Portal 2 doesn’t add much to the Portal formula. Sure, there are a few new pieces of Aperture Science technology to play with, but in the end Valve didn’t deviate from what makes Portal, Portal.
And yet, Portal 2 is so much more.
The writing and performances are phenomenal — more intelligent, more thoughtful and funnier than any game I’ve ever played. It feels like the script has travelled through time, from a future where games have finally become what we all want them to be: smart, complicated and engaging.
Wheatley, the AI core voiced brilliantly by Steven Merchant, is incredibly charming, even after his betrayal. The care that went into crafting the character is obvious and not just in the writing and acting. His meticulously animated eye is a thing to behold, perfectly capturing his manic, bumbling persona in a tiny mechanical sphere.
More impressively Valve managed to impart this same kind of detailed characterization into just about every inanimate object in the Aperture facility. Each bit of mad science you interact with – bouncy goo, light bridges, laser sensors, spring pads – has a personality and a voice. It may not be represented as directly as Wheatley or GladOS, but you can hear it when you interact with them: the harsh, industrial rasp of the Faith Plates; the comforting warmth of the laser sensors; the syrupy, infinitesimal drones of the Excursion Funnel.
And this is Portal 2‘s greatest achievement: it is incredibly human and yet, its only human character remains the protagonist Chell. In fact, Chell is the least human thing in all of Aperture: a mute, emotionless lab-rat acting only on the command of others.

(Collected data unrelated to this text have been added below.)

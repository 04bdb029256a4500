-- ===== src/Main/Tests.antt =====
-- Runs over a machine that records what is done to it, and the theorem about such a run.
use sprawler.Common.{
  ℕ, ◌≡◌, refl, String, true, false, Option, none, some, List, [], ◌∷◌, ◌⊎◌, ◌++◌, str_eq, any_of,
  take,
}
use sprawler.Common.Int.{pos}
use sprawler.Config.Defs.{Config}
use sprawler.Errors.{GoError, Reply, fetched}
use sprawler.Processors.Results.{ProcessorResult}
use sprawler.Storage.Files.{exists}
use sprawler.Main.Defs.{Processor, Parts, finished, main}
use sprawler.Main.Order.{process_all, Ran, prepared, left_by, IsFatal, main-Ran}

abbrev Deeds : Type 0
Deeds = List String

abbrev does : String → Deeds → Deeds × Option GoError
does what s = (s ++ what ∷ [], none)

abbrev failed_result : ProcessorResult
failed_result = record {
  processor_name = "";
  records_extracted = 0;
  records_failed = 9;
  duration = 0;
  sp_outcomes = [];
  od_outcomes = [];
  success = true;
  error = some "9 failed";
  summary = "";
}

abbrev processor : String → Processor Deeds
processor name = record { health = λ s. none; process = λ s. (s ++ name ∷ [], failed_result) }

-- The context ends with the deed of this name.
abbrev parts_until : String → Reply Config → Parts Deeds
parts_until last cfg = record {
  load_config = cfg;
  new_storage = λ db. does "open";
  new_client = λ c. does "client";
  initialize_run_status = does "status";
  processors = λ c. processor "sharepoint" ∷ processor "onedrive" ∷ [];
  mark_run_completed = does "mark";
  machine = record {
    close_queue = λ s. s ++ "close queue" ∷ [];
    close_db = does "close";
    stat_archive = λ s. exists;
    remove_archive = does "remove";
    rename_db = does "rename";
  };
  interrupted = any_of (str_eq last);
}

-- The configuration is not read by these parts.
module _ (cfg : Config) where
  whole_test : main (parts_until "never" (fetched cfg)) [] ≡ (
    "open" ∷ "client" ∷ "client" ∷ "status" ∷ "sharepoint" ∷ "onedrive" ∷ "mark" ∷ "close queue"
        ∷ "close" ∷ "remove" ∷ "rename" ∷ [],
    finished,
  )
  unfolding main
  whole_test = refl

  interrupted_test : main (parts_until "sharepoint" (fetched cfg)) [] ≡ (
    "open" ∷ "client" ∷ "client" ∷ "status" ∷ "sharepoint" ∷ "close queue" ∷ "close" ∷ [],
    finished,
  )
  unfolding main
  interrupted_test = refl

abbrev loaded : Reply Config
loaded = fetched (record {
  auth = record { site_url = "u"; tenant_id = "t"; client_id = "c"; cert_path = "p" };
  admin_user = "";
  transport = record {
    max_retries = pos 3;
    retry_backoffs = pos 5 ∷ [];
    throttle_pause = pos 60;
    retry_policy = [];
  };
  database = record {
    db_type = "sqlite";
    path = "./data";
    name = "spo.db";
    max_conns = pos 1;
    recreate = true;
    batch_size = pos 500;
    flush_interval = pos 5;
    queue_capacity = pos 8000;
    enable_failure_log = true;
    failure_log_path = "";
    busy_timeout = pos 5000;
    cache_size = pos 0;
  };
  debug = record { max_pages = pos 0; max_one_drive_sites = pos 0 };
  share_point = record {
    page_size = pos 5000;
    site_enum_buffer_size = pos 400;
    expected_sites = pos 0;
    skip_templates = [];
    user_workers = pos 6;
    group_workers = pos 4;
    process_groups = false;
    process_group_members = false;
    user_fetch_timeout = pos 600;
    group_fetch_timeout = pos 600;
    member_fetch_timeout = pos 600;
    progress_report_interval = pos 60;
    throttle_recovery_cooldown = pos 60;
    throttle_check_interval = pos 10;
  };
  one_drive = record {
    csom_buffer_size = pos 500;
    expected_sites = pos 0;
    user_workers = pos 6;
    user_fetch_timeout = pos 600;
    profile_fetch_timeout = pos 600;
    progress_report_interval = pos 60;
    throttle_recovery_cooldown = pos 60;
    throttle_check_interval = pos 10;
  };
})

main-Ran_example :
    let parts = parts_until "sharepoint" loaded in
    IsFatal parts (main parts [])
    ⊎ ((cfg : Config) × (k : ℕ) × (parts.load_config ≡ fetched cfg)
        × Ran parts (parts.processors cfg) (prepared parts cfg []) k
        × (main parts [] ≡ (
          left_by parts (process_all (take k (parts.processors cfg)) (prepared parts cfg [])),
          finished,
        )))
main-Ran_example = main-Ran (parts_until "sharepoint" loaded) []
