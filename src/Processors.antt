-- ===== src/Processors.antt =====
-- internal/processors: the pipelines that turn the tenant's sites into records and outcomes.
pub mod Filter
pub mod Outcomes
pub mod SharePoint
pub mod OneDrive
pub mod Results
pub mod Setup
pub mod Summary
mod Tests
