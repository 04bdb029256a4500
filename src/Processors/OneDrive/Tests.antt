-- ===== src/Processors/OneDrive/Tests.antt =====
-- Personal sites of internal/processors/onedrive.go, processed.
use sprawler.Common.{◌≡◌, refl, List, [], ◌∷◌, String, length, map, str_eq, ◌&&◌, if◌then◌else◌}
use sprawler.Model.{float_zero, Site, UserProfile}
use sprawler.Errors.{message, api_error, fetched}
use sprawler.Processors.Outcomes.{record_od_outcome}
use sprawler.Processors.OneDrive.Defs.{
  Texts, Visit, count_locked, fetch_user_profile, accept_profile, normalize_personal_url,
  process_users, send_profile, complete, process_site, process_sites, nothing_done,
}
use sprawler.Processors.OneDrive.Accounts.{Accounted, process_sites-accounts}

abbrev texts : Texts
texts = record {
  has_suffix = λ s t. str_eq s "/personal/ann/" && str_eq t "/";
  trim_suffix = λ s t. if str_eq s "/personal/ann/" then "/personal/ann" else s;
  text = λ e. [];
  render = λ e. "error";
}

abbrev personal : String → String → String → Site
personal url owner lock = record {
  site_url = url;
  time_created = "";
  modified = "";
  title = "";
  template_name = "SPSPERS#10";
  created_by_email = owner;
  group_id = "";
  site_id = url;
  last_activity_on = "";
  storage_used = float_zero;
  lock_state = lock;
}

abbrev found_profile : String → UserProfile
found_profile id = record {
  personal_url = "/personal/ann/";
  doc_id = "";
  aad_object_id = id;
  account_name = "";
  personal_site_instantiation_state = "";
  profile_sid = "";
  user_profile_guid = "";
  user_principal_name = "";
  last_modified_time = "";
}

-- A site with its profile, one that is locked and without owner, an orphaned one, and one of which
-- both fetches fail.
abbrev visits : List Visit
visits =
    record {
      site = personal "/personal/ann/" "ann" "Unlock";
      user_reply = fetched [];
      profile_reply = fetched (found_profile "1");
      site_start = 1;
      site_end = 4;
    }
    ∷ record {
      site = personal "/personal/bob" "" "NoAccess";
      user_reply = fetched [];
      profile_reply = fetched (found_profile "2");
      site_start = 2;
      site_end = 5;
    }
    ∷ record {
      site = personal "/personal/cat" "cat" "";
      user_reply = fetched [];
      profile_reply = fetched (found_profile "");
      site_start = 2;
      site_end = 6;
    }
    ∷ record {
      site = personal "/personal/dan" "dan" "";
      user_reply = api_error (message "x");
      profile_reply = api_error (message "y");
      site_start = 3;
      site_end = 7;
    }
    ∷ []

visits_test :
    let d = process_sites texts visits nothing_done in
    (d.counters.succeeded ≡ 3)
    × (d.counters.failed ≡ 1)
    × (d.counters.locked_sites ≡ 1)
    × (d.counters.no_owner_sites ≡ 1)
    × (d.counters.orphaned_sites ≡ 1)
    × (map (λ p. p.personal_url) d.profiles ≡ "/personal/ann" ∷ [])
unfolding process_sites process_site process_users count_locked fetch_user_profile accept_profile
    normalize_personal_url send_profile complete record_od_outcome
visits_test = (refl, refl, refl, refl, refl, refl)

process_sites-accounts_example :
    let e = process_sites texts visits nothing_done in
    Accounted 0 0 e
    × (e.sites ≡ map (λ v. v.site) visits)
    × (e.counters.sites_completed ≡ length visits)
process_sites-accounts_example = process_sites-accounts texts visits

Portal 2 is some seriously next-level stuff. It’s miles ahead of almost every other game when it comes to wit, intelligence and sophistication. Even on the occasions that it drops the pretenses and becomes a thrill ride, it doesn’t disappoint, proving that these portal mechanics can work in an action setting just as well as in slow-paced puzzles.
And don’t even get me started on the revolutionary, mind-meld inducing co-op.

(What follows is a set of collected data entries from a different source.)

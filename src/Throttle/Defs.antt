-- ===== src/Throttle/Defs.antt =====
-- The scaler and its operations, clause by clause.
use sprawler.Common.{
  ℕ, zero, suc, ◌+◌, ◌-◌, ◌/◌, String, Bool, true, false, not, ◌&&◌, Option, none, some, List, [],
  ◌∷◌, map, ltb, leb, if◌then◌else◌, any_of,
}
use sprawler.Common.Int.{ℤ, pos, sub_ℕ, ◌+ℤ◌}

-- In the source's order: a smaller action is a more aggressive one.
pub data ScaleAction : Type 0 where
  scale_halve scale_reduce_one : ScaleAction

-- `GetCount` is read at an instant.
pub record BackpressureSignal : Type 0 where
  pub name : String
  pub get_count : ℕ → ℕ
  pub action : ScaleAction
  pub cooldown_period : ℕ

pub record SignalState : Type 0 where
  pub signal : BackpressureSignal
  pub open signal use *
  pub last_count : ℕ
  pub last_seen : Option ℕ

pub record ScalerStats : Type 0 where
  pub scale_down_events : ℕ
  pub scale_up_events : ℕ
  pub min_limit : ℕ
  pub time_reduced : ℤ

-- `sem` is the number of tokens in the channel, whose capacity is `max_workers`.
pub record ThrottleScaler : Type 0 where
  pub max_workers : ℕ
  pub current_limit : ℕ
  pub live_tokens : ℕ
  pub sem : ℕ
  pub signals : List SignalState
  pub scale_down_events : ℕ
  pub scale_up_events : ℕ
  pub min_limit : ℕ
  pub reduced_since : Option ℕ
  pub time_reduced : ℤ

unfoldable pub new_signal_state : ℕ → BackpressureSignal → SignalState
new_signal_state now sig = record { signal = sig; last_count = sig.get_count now; last_seen = none }

unfoldable pub at_least_one : ℕ → ℕ
at_least_one n = if ltb n 1 then 1 else n

-- The loop that fills the channel leaves it with `max_workers` tokens.
unfoldable pub new_throttle_scaler : ℕ → ℕ → List BackpressureSignal → ThrottleScaler
unfolding at_least_one new_signal_state
new_throttle_scaler now max_workers signals = record {
  max_workers = at_least_one max_workers;
  current_limit = at_least_one max_workers;
  live_tokens = at_least_one max_workers;
  sem = at_least_one max_workers;
  signals = map (new_signal_state now) signals;
  scale_down_events = 0;
  scale_up_events = 0;
  min_limit = at_least_one max_workers;
  reduced_since = none;
  time_reduced = pos 0;
}

-- `none`: the channel is empty, and the caller blocks.
unfoldable pub acquire : ThrottleScaler → Option ThrottleScaler
acquire s = if ltb 0 s.sem then some (record s { sem = s.sem - 1 }) else none

-- `none`: the channel is full, and the send blocks. Run alone, the compare-and-swap succeeds.
unfoldable pub release : ThrottleScaler → Option ThrottleScaler
release s =
    if ltb s.current_limit s.live_tokens
    then some (record s { live_tokens = s.live_tokens - 1 })
    else if ltb s.sem s.max_workers
    then some (record s { sem = s.sem + 1 })
    else none

unfoldable pub drain_token : ThrottleScaler → ThrottleScaler
drain_token s =
    if ltb 0 s.sem then record s { sem = s.sem - 1; live_tokens = s.live_tokens - 1 } else s

unfoldable pub drain_tokens : ℕ → ThrottleScaler → ThrottleScaler
drain_tokens zero s = s
drain_tokens (suc n) s = drain_tokens n (drain_token s)

unfoldable pub scale_down : ℕ → ℕ → ThrottleScaler → ThrottleScaler
scale_down from to s = drain_tokens (from - to) (record s { current_limit = to })

unfoldable pub add_token : ThrottleScaler → ThrottleScaler
add_token s =
    if ltb s.sem s.max_workers
    then record s { sem = s.sem + 1; live_tokens = s.live_tokens + 1 }
    else s

unfoldable pub add_tokens : ℕ → ThrottleScaler → ThrottleScaler
add_tokens zero s = s
add_tokens (suc n) s = add_tokens n (add_token s)

unfoldable pub scale_up : ℕ → ℕ → ThrottleScaler → ThrottleScaler
scale_up from to s = add_tokens (to - from) (record s { current_limit = to })

-- `delta > 0` for this signal at this tick.
unfoldable pub signal_fires : ℕ → SignalState → Bool
signal_fires now st = ltb st.last_count (st.get_count now)

unfoldable pub update_signal : ℕ → SignalState → SignalState
unfolding signal_fires
update_signal now st = record st {
  last_count = st.get_count now;
  last_seen = if signal_fires now st then some now else st.last_seen;
}

unfoldable pub action_lt : ScaleAction → ScaleAction → Bool
action_lt scale_halve scale_reduce_one = true
action_lt _ _ = false

-- The scan's `bestAction`, from the default down the list.
unfoldable pub scan_action : ℕ → ScaleAction → List SignalState → ScaleAction
unfolding signal_fires action_lt
scan_action now best [] = best
scan_action now best (st ∷ sts) =
    scan_action now (if signal_fires now st && action_lt st.action best then st.action else best)
      sts

unfoldable pub scaled_limit : ScaleAction → ℕ → ℕ
unfolding at_least_one
scaled_limit scale_halve current = at_least_one (current / 2)
scaled_limit scale_reduce_one current = at_least_one (current - 1)

unfoldable pub since_or : Option ℕ → ℕ → Option ℕ
since_or none now = some now
since_or (some t) now = some t

-- The statistics that a scale-down updates.
unfoldable pub note_reduced : ℕ → ℕ → ThrottleScaler → ThrottleScaler
unfolding since_or
note_reduced now limit s = record s {
  scale_down_events = s.scale_down_events + 1;
  min_limit = if ltb limit s.min_limit then limit else s.min_limit;
  reduced_since = since_or s.reduced_since now;
}

unfoldable pub reduce_to : ℕ → ℕ → ThrottleScaler → ThrottleScaler
reduce_to now limit s =
    if ltb limit s.current_limit
    then note_reduced now limit (scale_down s.current_limit limit s)
    else s

-- The branch in which some signal fired.
unfoldable pub tick_fired : ℕ → ScaleAction → ThrottleScaler → ThrottleScaler
tick_fired now best s = reduce_to now (scaled_limit best s.current_limit) s

-- `!lastSeen.IsZero() && now.Sub(lastSeen) < CooldownPeriod`, with the subtraction moved over.
unfoldable pub cooling : ℕ → SignalState → Bool
cooling now st = elim st.last_seen [
  | none ↦ false
  | some seen ↦ ltb now (seen + st.cooldown_period)
]

unfoldable pub ever_fired : SignalState → Bool
ever_fired st = elim st.last_seen [ none ↦ false | some seen ↦ true ]

unfoldable pub reset_signal : ℕ → SignalState → SignalState
reset_signal now st = record st {
  last_seen = elim st.last_seen [ none ↦ none | some seen ↦ some now ];
}

unfoldable pub close_reduced : ℕ → ℕ → ThrottleScaler → ThrottleScaler
close_reduced now limit s =
    if leb s.max_workers limit
    then elim s.reduced_since [
      | none ↦ s
      | some since ↦ record s {
        time_reduced = s.time_reduced +ℤ sub_ℕ now since;
        reduced_since = none;
      }
    ]
    else s

unfoldable pub reset_signals : ℕ → ThrottleScaler → ThrottleScaler
unfolding reset_signal
reset_signals now s = record s { signals = map (reset_signal now) s.signals }

-- What follows the scale-up: its statistics, and the cooldown timers set to this tick.
unfoldable pub note_raised : ℕ → ℕ → ThrottleScaler → ThrottleScaler
unfolding close_reduced reset_signals
note_raised now limit s =
    reset_signals now
      (close_reduced now limit (record s { scale_up_events = s.scale_up_events + 1 }))

unfoldable pub raise_to : ℕ → ℕ → ThrottleScaler → ThrottleScaler
raise_to now limit s = note_raised now limit (scale_up s.current_limit limit s)

unfoldable pub raised_limit : ThrottleScaler → ℕ
raised_limit s =
    if ltb s.max_workers (s.current_limit + 1) then s.max_workers else s.current_limit + 1

-- The step up, taken when all signals are quiet and one has fired before.
unfoldable pub tick_up : ℕ → ThrottleScaler → ThrottleScaler
tick_up now s = raise_to now (raised_limit s) s

unfoldable pub tick_quiet : ℕ → ThrottleScaler → ThrottleScaler
unfolding cooling ever_fired
tick_quiet now s =
    if leb s.max_workers s.current_limit
    then s
    else if not (any_of (cooling now) s.signals) && any_of ever_fired s.signals
    then tick_up now s
    else s

unfoldable pub tick : ℕ → ThrottleScaler → ThrottleScaler
unfolding signal_fires update_signal scan_action
tick now s =
    let t = record s { signals = map (update_signal now) s.signals } in
    if any_of (signal_fires now) s.signals
    then tick_fired now (scan_action now scale_reduce_one s.signals) t
    else tick_quiet now t

unfoldable pub stats : ℕ → ThrottleScaler → ScalerStats
stats now s = record {
  scale_down_events = s.scale_down_events;
  scale_up_events = s.scale_up_events;
  min_limit = s.min_limit;
  time_reduced = elim s.reduced_since [
    | none ↦ s.time_reduced
    | some since ↦ s.time_reduced +ℤ sub_ℕ now since
  ];
}

-- What `monitorLoop` selects on, in the order in which it happens.
pub data MonitorEvent : Type 0 where
  stopped : MonitorEvent
  ticked : ℕ → MonitorEvent

unfoldable pub monitor_loop : List MonitorEvent → ThrottleScaler → ThrottleScaler
monitor_loop [] s = s
monitor_loop (stopped ∷ es) s = s
monitor_loop (ticked now ∷ es) s = monitor_loop es (tick now s)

1. Bastion — Supergiant Games
Can any piece of art really be perfect?
In lieu of using that dirty word I’ll say this: there is nothing in Bastion that I would change; nothing I think the seven-man team behind it could have done better.
The world-building in Bastion is just incredible. Every weapon, every environment, every piece of music, every word in every piece of dialogue has been carefully chosen to support this Wild West meets steam-punk setting. It’s not a book or a scroll. It’s a dusty, old tome. It’s not a shotgun, it’s a scrap musket.

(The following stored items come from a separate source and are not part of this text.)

-- ===== src/Throttle.antt =====
-- internal/throttle/throttle_scaler.go: the scaler's record, its monitor tick, and the semaphore
-- operations of the workers, each run alone. `Throttle/Interleaving` has their atomic steps.
-- Instants are native numbers, the zero time is `none`; counts and tokens are unbounded; a
-- duration is an integer, so that `now.Sub` may be negative.
mod Defs
pub mod Limits
pub mod Signals
pub mod Recovery
pub mod Tokens
pub mod Interleaving
mod Tests
pub use Defs.*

It’s more than just setting. It’s tone. Bastion is one of the few games that has a tone that makes it beyond anger or whimsy. It’s dour. Even the game’s cover art features our hero sitting alone on a floating bit of land, chin planted firmly in his hand and looking out at the empty wasteland that used to be his world. There’s no hope in his eyes; no vengeful anger.This oppressively bleak world makes the fleeting moments of hope that much more emotionally affecting, spawning not one but two of the year’s (and I would argue gaming history’s) most memorable moments.
Much of the credit has to go to the game’s writer Greg Kasavin. Supergiant has built a game where his writing is the reward. I would change my weapon combination just to hear what the narrator would say about it. I would dash to him to show off the junk I collected, just to get his little story about it. I even spent my money on more junk to make him talk.
And talk he does – a lot – and it never gets old. The first time you fall off the side of the world and hear “And then the Kid fell to his death…naw, I’m just foolin’” is pure magic.
Thanks to the narrator, Bastion is able to tell a deep story without mounds of dialogue or cut-scenes. It’s about rebuilding. It’s about the oral tradition. It’s about the struggle between the secular and the spiritual. It’s about man’s inhumanity to man and the unpredictability of his predictable aggression.
But most of all it’s a redemption story. That redemption, however, is never guaranteed or provided to the player. Instead we’re left hoping – left hoping that humanity can do something right for a change.
Congratulations to Supergiant games on winning the second annual J for Janky game of they year award. They created something truly remarkable in Bastion.